Input data START

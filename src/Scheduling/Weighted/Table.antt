-- ===== src/Scheduling/Weighted/Table.antt =====
-- The table that the forward loop of schedule_weighted leaves behind.
use mathlib.Core.Path.{subst, subst⁻¹}
use native.Mathlib.Decide.{dec_lt}
use native.Mathlib.Nat.{add-zero}
use sda_system.Prelude.{
  ℕ, zero, suc, ◌+◌, ◌≤◌, ◌<◌, max, ◌≡◌, refl, ◌∙◌, ap, ◌-◌, List, length, get_or, set, arith,
  get_or-set_self, get_or-set_ne, length-set,
}
use sda_system.Scheduling.Weighted.{fill}

module _ (benefits next : List ℕ) where
  -- A round writes above the entries that it reads.
  pub fill_keeps :
      (rounds i : ℕ) (dp : List ℕ) (j : ℕ)
      → j ≤ i
      → get_or (fill benefits next rounds i dp) j 0 ≡ get_or dp j 0
  unfolding fill
  fill_keeps zero i dp j h = refl
  fill_keeps (suc rounds) i dp j h =
      fill_keeps rounds (i + 1) _ j (omega arith) ∙ get_or-set_ne dp (i + 1) j _ 0 (omega arith)

  -- The entry that a round writes, in the final table.
  fill_first :
      (rounds i : ℕ) (dp : List ℕ)
      → length dp ≡ i + suc rounds + 1
      → get_or next i 0 ≤ i
      → let final = fill benefits next (suc rounds) i dp in
        get_or final (i + 1) 0
        ≡ max (get_or benefits i 0 + get_or final (get_or next i 0) 0) (get_or final i 0)
  unfolding fill
  fill_first rounds i dp len below =
      let value = max (get_or benefits i 0 + get_or dp (get_or next i 0) 0) (get_or dp i 0) in
      let dp' = set dp (i + 1) value in
      omega (
        arith,
        fill_keeps rounds (i + 1) dp' (i + 1) (omega arith),
        fill_keeps rounds (i + 1) dp' i (omega arith),
        fill_keeps rounds (i + 1) dp' (get_or next i 0) (omega arith),
        get_or-set_self dp (i + 1) value 0 (omega arith),
        get_or-set_ne dp (i + 1) i value 0 (omega arith),
        get_or-set_ne dp (i + 1) (get_or next i 0) value 0 (omega arith),
      )

  -- What the loop leaves at `j + 1` is what the recurrence says of the final table.
  pub fill_step :
      (rounds i : ℕ) (dp : List ℕ)
      → length dp ≡ i + rounds + 1
      → (j : ℕ) → i ≤ j
      → j < i + rounds
      → get_or next j 0 ≤ j
      → let final = fill benefits next rounds i dp in
        get_or final (j + 1) 0
        ≡ max (get_or benefits j 0 + get_or final (get_or next j 0) 0) (get_or final j 0)
  unfolding fill
  fill_step zero i dp len j lo hi below = absurd (omega arith)
  fill_step (suc rounds) i dp len j lo hi below = elim (dec_lt i j) [
    | yes h ↦
        fill_step rounds (i + 1) _ (length-set dp (i + 1) _ ∙ omega arith) j (omega arith)
          (omega arith) below
    | no h ↦
        let same : j ≡ i = omega arith in
        let below' : get_or next i 0 ≤ i = subst (λ k. get_or next k 0 ≤ k) same below in
        subst⁻¹
          (λ k.
            let final = fill benefits next (suc rounds) i dp in
            get_or final (k + 1) 0
            ≡ max (get_or benefits k 0 + get_or final (get_or next k 0) 0) (get_or final k 0))
          same (fill_first rounds i dp len below')
  ]

-- The recurrence that the table solves, over its three arrays.
pub record IsTable (n : ℕ) (benefit_of next_of best : ℕ → ℕ) : Type 0 where
  pub base : best 0 ≡ 0
  pub below : (j : ℕ) → j < n → next_of j ≤ j
  pub step : (j : ℕ) → j < n → best (suc j) ≡ max (benefit_of j + best (next_of j)) (best j)

module _ {n : ℕ} {benefit_of next_of best : ℕ → ℕ} (t : IsTable n benefit_of next_of best) where
  best_grows : (i k : ℕ) → i + k ≤ n → best i ≤ best (i + k)
  best_grows i zero h = rw add-zero (omega arith)
  best_grows i (suc k) h =
      let later : best (i + suc k) ≡ best (suc (i + k)) = ap best (omega arith) in
      omega (arith, best_grows i k (omega arith), t.step (i + k) (omega arith), later)

  pub best_mono : (i k : ℕ) → i ≤ k → k ≤ n → best i ≤ best k
  best_mono i k h hk =
      let e : best k ≡ best (i + (k - i)) = ap best (omega arith) in
      omega (arith, best_grows i (k - i) (omega arith))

Input data END

Return, from the entries, each line that holds "later".

▶ _Your response_
      let later : best (i + suc k) ≡ best (suc (i + k)) = ap best (omega arith) in
      omega (arith, best_grows i k (omega arith), t.step (i + k) (omega arith), later)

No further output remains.